Mars has a FeO/MnO ratio of 40 (from SNC meteorites; Wänke & Dreibus 1988), which is lower (i.e., more reducing) than that of the Earth. Wadhwa (2008) reviews the indirect ${f}_{{{\rm{O}}}_{2}}$ determinations of SNC meteorites, which have ${f}_{{{\rm{O}}}_{2}}$ ranging from IW−1 to IW+4. The correlation of the ${f}_{{{\rm{O}}}_{2}}$ values with other geochemical and isotopic data indicates the Martian mantle ${f}_{{{\rm{O}}}_{2}}$ is about that of the IW buffer. However, Mars has undergone extensive hydrogen escape to elevate the D/H ratio of atmospheric water vapor to ∼5 times the terrestrial D/H ratio (Owen et al. 1988; Yung et al. 1988; Donahue 1995; Krasnopolsky et al. 1997; Krasnopolsky 2015).

Thus, Venus and Mars have likely lost large amounts of hydrogen at some time in the past yet neither of them are significantly more oxidized than the Earth. The volatile recycling model of Kasting et al. (1993) and the hydrogen escape during the magma ocean phase of Hamano et al. (2013) and Sharp et al. (2013) both require sufficient initial volatile abundances to oxidize any mineral buffers. The volatiles must also at some time be sequestered in the mantle to have this oxidizing effect. The lack of oxidation of Mars and Venus suggests that possibly one of these conditions was not met (insufficient volatiles, no recycling of volatiles into the mantle) on these planets. Whatever the truth, the effects of hydrogen escape on the redox state of bulk silicate planets are extremely complicated and require additional studies.
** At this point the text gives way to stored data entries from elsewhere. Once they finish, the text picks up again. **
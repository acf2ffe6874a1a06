-- ===== src/Tcp/Input/Streams.antt =====
-- A stream of bytes that arrives at an established connection of src/tcp.c in segments that may be
-- lost, repeated or out of order.
use hitsz_network_lab.Common.{
  ℕ, zero, suc, ◌+◌, ◌≡◌, ◌≤◌, ◌<◌, ◌^◌, inl, inr, refl, sym, ap, ap₂, ◌∙◌, Bool, true, false, List,
  [], ◌∷◌, ◌++◌, ◌==◌, arith, Bool-cases, ltb, ==_iff, take, drop, length, take-of_length_le,
  append_assoc, append-nil, if◌then◌else◌,
}
use hitsz_network_lab.Stack.Tables.{TcpState, TcpConn}
use hitsz_network_lab.Utils.{u32}
use hitsz_network_lab.Tcp.{is_set, bytes_in_flight, flg_ack}
use hitsz_network_lab.Tcp.Input.{Verdict, ignore, duplicate_ack, proceed, transition}
use hitsz_network_lab.Tcp.Input.States.{after}

-- The bytes `off` to `off + len` of the stream, in a segment with ACK, and PSH if `push`.
pub record Piece : Type 0 where
  pub off : ℕ
  pub len : ℕ
  pub push : Bool

abbrev pub flags_of : Bool → ℕ
flags_of push = if push then 24 else 16

-- `tcp_in` hands the data to the handler after a `break`.
abbrev pub handed : Verdict → List ℕ → List ℕ
handed ignore bytes = []
handed duplicate_ack bytes = []
handed (proceed conn flags closes) bytes = bytes

-- The first byte of the stream has the sequence number `start`: the bytes that the handler is given,
-- and the connection in the end.
unfoldable pub receive : ℕ → ℕ → List ℕ → TcpConn → List Piece → List ℕ × TcpConn
unfolding transition
receive isn start bytes conn [] = ([], conn)
receive isn start bytes conn (p ∷ rest) =
    let verdict = transition isn conn (flags_of p.push) (u32 (start + p.off)) p.len in
    let (more, conn') = receive isn start bytes (after conn verdict) rest in
    (handed verdict (take p.len (drop p.off bytes)) ++ more, conn')

-- How far the stream reaches without a gap, from `k` on, if a piece counts only where it joins.
abbrev pub reached : ℕ → List Piece → ℕ
reached k [] = k
reached k (p ∷ rest) = reached (if p.off == k then k + p.len else k) rest

-- No piece goes beyond the stream.
abbrev pub Within : ℕ → List Piece → Type 0
Within n [] = Unit
Within n (p ∷ rest) = (p.off + p.len ≤ n) × Within n rest

take_add : (a b k : ℕ) (xs : List ℕ) → k ≡ a + b → take k xs ≡ take a xs ++ take b (drop a xs)
take_add zero b k xs h = ap (λ j. take j xs) (omega arith)
take_add (suc a) b k [] h =
    take-of_length_le k [] (omega arith) ∙ sym (take-of_length_le b [] (omega arith))
take_add (suc a) b zero (x ∷ xs) h = absurd (omega arith)
take_add (suc a) b (suc k) (x ∷ xs) h = ap (◌∷◌ x) (take_add a b k xs (omega arith))

-- A segment that joins, and one that does not.
joins :
    (isn len : ℕ) (conn : TcpConn) (push : Bool)
    → conn.state ≡ TcpState.established
    → transition isn conn (flags_of push) conn.ack len
      ≡ proceed
          (record conn { ack = u32 (conn.ack + len) })
          (if ltb 0 len then flg_ack else 0)
          false
unfolding transition bytes_in_flight is_set
joins isn len conn true e = rw (e, (==_iff conn.ack conn.ack).1 refl) refl
joins isn len conn false e = rw (e, (==_iff conn.ack conn.ack).1 refl) refl

opens :
    (isn seq len : ℕ) (conn : TcpConn) (push : Bool)
    → conn.state ≡ TcpState.syn_received
    → transition isn conn (flags_of push) seq len
      ≡ proceed (record conn { state = TcpState.established }) 0 false
unfolding transition is_set
opens isn seq len conn true e = rw e refl
opens isn seq len conn false e = rw e refl

misses :
    (isn seq len flags : ℕ) (conn : TcpConn)
    → conn.state ≡ TcpState.established
    → (seq == conn.ack) ≡ false
    → transition isn conn flags seq len ≡ duplicate_ack
unfolding transition
misses isn seq len flags conn e differ = rw (e, differ) refl

receive-from :
    (isn start k : ℕ) (bytes : List ℕ) (conn : TcpConn) (pieces : List Piece)
    → conn.state ≡ TcpState.established
    → conn.ack ≡ u32 (start + k)
    → k ≤ length bytes
    → length bytes < 2 ^ 32
    → Within (length bytes) pieces
    → (take k bytes ++ (receive isn start bytes conn pieces).0 ≡ take (reached k pieces) bytes)
      × ((receive isn start bytes conn pieces).1
          ≡ record conn { ack = u32 (start + reached k pieces) })
unfolding receive
receive-from isn start k bytes conn [] e a below small within =
    (append-nil (take k bytes), ap (λ n. record conn { ack = n }) a)
receive-from isn start k bytes conn (p ∷ rest) e a below small within =
    elim (Bool-cases (p.off == k)) [
      | inl here ↦
          let at = (==_iff p.off k).0 here in
          let next = record conn { ack = u32 (conn.ack + p.len) } in
          let (got, end) =
            receive-from isn start (k + p.len) bytes next rest e (omega arith) (omega arith) small
              within.1 in
          rw (in_sequence at, here)
            (
              ap
                    (λ i.
                      take k bytes
                      ++ (take p.len (drop i bytes) ++ (receive isn start bytes next rest).0))
                    at
                  ∙ sym (
                      append_assoc (take k bytes) (take p.len (drop k bytes))
                        (receive isn start bytes next rest).0)
                  ∙ ap (λ l. l ++ (receive isn start bytes next rest).0)
                      (sym (take_add k p.len (k + p.len) bytes refl))
                  ∙ got,
              end,
            )
      | inr elsewhere ↦
          let (got, end) = receive-from isn start k bytes conn rest e a below small within.1 in
          rw
            (
              misses isn (u32 (start + p.off)) p.len (flags_of p.push) conn e (apart elsewhere),
              elsewhere,
            )
            (got, end)
    ]
  where
    in_sequence :
        p.off ≡ k
        → transition isn conn (flags_of p.push) (u32 (start + p.off)) p.len
          ≡ proceed
              (record conn { ack = u32 (conn.ack + p.len) })
              (if ltb 0 p.len then flg_ack else 0)
              false
    in_sequence at =
        ap (λ n. transition isn conn (flags_of p.push) n p.len) (omega arith)
        ∙ joins isn p.len conn p.push e

    apart : (p.off == k) ≡ false → (u32 (start + p.off) == conn.ack) ≡ false
    apart elsewhere = ground (arith, a, within.0)

-- Segments of a stream of less than 2^32 bytes come to an established connection that waits for its
-- first byte, in any order, any of them lost or repeated, each with ACK, with or without PSH, and
-- without FIN. Then the data that the switch of `tcp_in` lets through to the handler are, one segment
-- behind the other, the beginning of the stream, each byte once: as far as the segments join, each
-- counted when it continues what is there already. The number to acknowledge is that of the next
-- byte, modulo 2^32, and nothing else of the connection has changed.
pub receive-reached :
    (isn start : ℕ) (bytes : List ℕ) (conn : TcpConn) (pieces : List Piece)
    → conn.state ≡ TcpState.established
    → conn.ack ≡ u32 start
    → length bytes < 2 ^ 32
    → Within (length bytes) pieces
    → receive isn start bytes conn pieces
      ≡ (take (reached 0 pieces) bytes, record conn { ack = u32 (start + reached 0 pieces) })
receive-reached isn start bytes conn pieces e a small within =
    let (got, end) =
      receive-from isn start 0 bytes conn pieces e (omega arith) (omega arith) small within in
    ap₂ (λ l c. (l, c)) got end

-- Data that come with the ACK of the handshake are let through to the handler, and not acknowledged:
-- when the remote side sends the segment again, the same bytes are let through once more.
pub receive-twice :
    (isn start len : ℕ) (bytes : List ℕ) (conn : TcpConn) (push : Bool)
    → conn.state ≡ TcpState.syn_received
    → conn.ack ≡ u32 start
    → let p : Piece = record { off = 0; len = len; push = push } in
      receive isn start bytes conn (p ∷ p ∷ []) ≡ (
        take len bytes ++ take len bytes,
        record conn { state = TcpState.established; ack = u32 (start + len) },
      )
unfolding receive
receive-twice isn start len bytes conn push e a =
    rw (opens isn (u32 (start + 0)) len conn push e, sequel)
      (ap₂ (λ l n. (take len bytes ++ l, record conn { state = TcpState.established; ack = n }))
        (append-nil (take len bytes)) (omega arith))
  where
    sequel :
        transition isn
          (record conn { state = TcpState.established })
          (flags_of push)
          (u32 (start + 0))
          len
        ≡ proceed
            (record conn { state = TcpState.established; ack = u32 (conn.ack + len) })
            (if ltb 0 len then flg_ack else 0)
            false
    sequel =
        ap
          (λ n. transition isn (record conn { state = TcpState.established }) (flags_of push) n len)
          (omega arith)
        ∙ joins isn len (record conn { state = TcpState.established }) push refl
An important issue is the very large escape rates required to remove excess hydrogen from rocky planets formed by the accretion of volatile-rich chondritic material. Planets at close orbital separations and planets around M dwarfs are likely subjected to much higher energetic radiation environments than the Earth. Studies by Luger & Barnes (2015), Schaefer et al. (2016), and Barnes et al. (2016), to name a few, have looked at models similar to those of Hamano et al. (2013) for hydrogen loss and oxygen build-up on rocky exoplanets during a magma ocean phase. Schaefer et al. (2016) showed that oxygen absorption into the magma ocean is not complete, and that the amount of oxygen absorbed is a balance between the rate of oxygen escape and the rate of solidification of the magma ocean. The results of these studies show that planets farther out in orbital space are less likely to lose significant amounts of hydrogen. Zahnle & Catling (2017) also consider the question of atmospheric escape due to both stellar radiation as well as impacts. They present figures showing a large number of exoplanets that fall into their region of atmospheric stability, suggesting that hydrogen escape may be less important for some rocky exoplanets.